The Three-Dimensional Interaction of a Vortex Pair with a Wall

Abstract

The interaction of vortices passing near a solid surface has been examined using direct numerical simulation. The configuration studied is a counter-rotating vortex pair approaching a wall in an otherwise quiescent fluid. The focus of these simulations is on the three-dimensional effects, of which little is known. To the authors' knowledge, this is the first three-dimensional simulation that lends support to the short-wavelength instability of the secondary vortex. It has been shown how this Crow-type instability leads to three dimensionality after the rebound of a vortex pair. The growth of the instability of the secondary vortex in the presence of the stronger primary vortex leads to the turning and intense stretching of the secondary vortex. As the instability grows the secondary vortex is bent, stretched, and wrapped around the stronger primary.
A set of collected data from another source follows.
-- ===== src/Factory.antt =====
-- internal/morpho/factory.go: the modules that a configuration asks for.
pub mod Slots
use withdraw_bot.Prelude.{
  ℕ, ℤ, pos, String, Bool, ◌||◌, ◌&&◌, not, Option, none, some, List, [], ◌∷◌, str_eq, ◌++◌, ◌<>◌,
}
use withdraw_bot.Errors.{Error, Result, ok, err, ◌>>=◌, ◌>>◌, fail_if, ◌orelse◌}
use withdraw_bot.Core.{
  Address, Time, MonitorModuleId, module_share_price_loss, module_withdraw_liquidity,
  module_vault_state,
}
use withdraw_bot.Config.Values.{
  Value, ModuleConfig, module_enabled, enabled_module_config, module_int64, module_string,
  module_big_int, module_decimal_units, module_struct,
}
use withdraw_bot.Modules.SharePrice.{SharePriceModule}
use withdraw_bot.Modules.Liquidity.{ExitSimulator, LiquidityModule}
use withdraw_bot.Modules.VaultState.{VaultStateModule}
use withdraw_bot.Vault.Reader.{VaultStateSnapshot}
use withdraw_bot.Overrides.Values.{
  key_baseline_share_price, key_baseline, key_loss_warn_bps, key_loss_urgent_bps, key_idle_warn,
  key_idle_urgent, key_change_severity, severity_of,
}
use withdraw_bot.Overrides.Apply.{MonitorModule}

-- What the vault reader and the clock answer to the modules.
pub record Readers : Type 0 where
  pub share_price : Result (Option ℤ)
  pub idle_assets : Address → Result (Option ℤ)
  pub vault_state : Result VaultStateSnapshot
  pub now : Time

-- The configuration of the modules, and what BuildModules is given besides. `decode_snapshot` is the
-- way of a value through YAML and JSON into a snapshot.
pub record Setup : Type 0 where
  pub modules : List (String × ModuleConfig)
  pub asset_decimals : ℕ
  pub readers : Readers
  pub exit_simulator : Option ExitSimulator
  pub vault : Address
  pub owner : Address
  pub receiver : Address
  pub decode_snapshot : Value → Result VaultStateSnapshot

abbrev pub is_known_module : MonitorModuleId → Bool
is_known_module id =
    str_eq id module_share_price_loss
    || str_eq id module_withdraw_liquidity
    || str_eq id module_vault_state

abbrev pub refuse_unknown : MonitorModuleId → Bool → Option Error
refuse_unknown id enabled =
    fail_if (enabled && not (is_known_module id))
      (Error.message ("unknown enabled module \"" <> id <> "\""))

-- The loop over the configured modules. Go ranges over the map in any order, which the list stands for.
unfoldable pub validate_module_configs : List (String × ModuleConfig) → Option Error
unfolding module_enabled
validate_module_configs [] = none
validate_module_configs ((id, config) ∷ rest) =
    let below = validate_module_configs rest in
    elim (module_enabled config id) [
      | err e ↦ some e
      | ok enabled ↦ refuse_unknown id enabled orelse below
    ]

-- The modules, from what the readers of the configuration answer.
abbrev pub share_price_of : Readers → Result ℤ → Result ℤ → Result ℤ → Result SharePriceModule
share_price_of readers read_baseline read_warn read_urgent = do
  baseline ← read_baseline
  warn ← read_warn
  urgent ← read_urgent
  ok (record {
    baseline_share_price = some baseline;
    previous_share_price = none;
    warn_bps = warn;
    urgent_bps = urgent;
    reader = some readers.share_price;
    now = readers.now;
  })

abbrev pub liquidity_of : Setup → Result ℕ → Result ℕ → Result LiquidityModule
liquidity_of setup read_warn read_urgent = do
  warn ← read_warn
  urgent ← read_urgent
  ok (record {
    idle_asset_reader = some setup.readers.idle_assets;
    exit_simulator = setup.exit_simulator;
    owner = setup.owner;
    receiver = setup.receiver;
    vault = setup.vault;
    idle_warn = some (pos warn);
    idle_urgent = some (pos urgent);
    now = setup.readers.now;
  })

abbrev pub vault_state_of :
    Readers → Result VaultStateSnapshot → Result String → Result VaultStateModule
vault_state_of readers read_baseline read_severity = do
  baseline ← read_baseline
  severity ← read_severity
  ok (record {
    reader = some readers.vault_state;
    baseline = baseline;
    change_severity = severity_of severity;
    now = readers.now;
  })

unfoldable pub build_share_price_module : Readers → ModuleConfig → Result SharePriceModule
unfolding module_big_int module_int64
build_share_price_module readers config =
    share_price_of readers (module_big_int config module_share_price_loss key_baseline_share_price)
      (module_int64 config module_share_price_loss key_loss_warn_bps)
      (module_int64 config module_share_price_loss key_loss_urgent_bps)

unfoldable pub build_liquidity_module : Setup → ModuleConfig → Result LiquidityModule
unfolding module_decimal_units
build_liquidity_module setup config =
    liquidity_of setup
      (module_decimal_units config module_withdraw_liquidity key_idle_warn setup.asset_decimals)
      (module_decimal_units config module_withdraw_liquidity key_idle_urgent setup.asset_decimals)

unfoldable pub build_vault_state_module : Setup → ModuleConfig → Result VaultStateModule
unfolding module_struct module_string
build_vault_state_module setup config =
    vault_state_of setup.readers
      (module_struct setup.decode_snapshot config module_vault_state key_baseline)
      (module_string config module_vault_state key_change_severity)

-- One module, if its configuration is there and enabled.
abbrev pub build_enabled :
    (ModuleConfig → Result MonitorModule) → Option ModuleConfig → Result (List MonitorModule)
build_enabled build none = ok []
build_enabled build (some config) = build config >>= λ m. ok (m ∷ [])

abbrev pub build_configured :
    List (String × ModuleConfig)
    → MonitorModuleId
    → (ModuleConfig → Result MonitorModule)
    → Result (List MonitorModule)
build_configured modules id build =
    enabled_module_config modules id >>= λ config. build_enabled build config

abbrev pub build_share_price : Setup → ModuleConfig → Result MonitorModule
build_share_price setup config =
    build_share_price_module setup.readers config >>= λ m. ok (MonitorModule.share_price m)

abbrev pub build_liquidity : Setup → ModuleConfig → Result MonitorModule
build_liquidity setup config =
    build_liquidity_module setup config >>= λ m. ok (MonitorModule.liquidity m)

abbrev pub build_vault_state : Setup → ModuleConfig → Result MonitorModule
build_vault_state setup config =
    build_vault_state_module setup config >>= λ m. ok (MonitorModule.vault_state m)

-- `BuildModules`
unfoldable pub build_modules : Setup → Result (List MonitorModule)
unfolding validate_module_configs enabled_module_config build_share_price_module
    build_liquidity_module build_vault_state_module
build_modules setup =
    validate_module_configs setup.modules
    >> (build_configured setup.modules module_share_price_loss (build_share_price setup)
        >>= λ prices.
            (build_configured setup.modules module_withdraw_liquidity (build_liquidity setup)
              >>= λ liquidity.
                  (build_configured setup.modules module_vault_state (build_vault_state setup)
                    >>= λ state. ok (prices ++ (liquidity ++ state)))))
During this process reconnection was observed between the two secondary vortices. Reconnection also begins between the primary and secondary vortices but the weaker secondary vortex dissipates before the primary, leaving reconnection incomplete. Evidence is presented for a new type of energy cascade based on the short-wavelength instability and the formation of continual smaller vortices at the wall. Ultimately the secondary vortex is destroyed by stretching and dissipation leaving the primary vortex with a permanently distorted shape but relatively unaffected strength compared to an isolated vortex. (C) 1997 American Institute of Physics.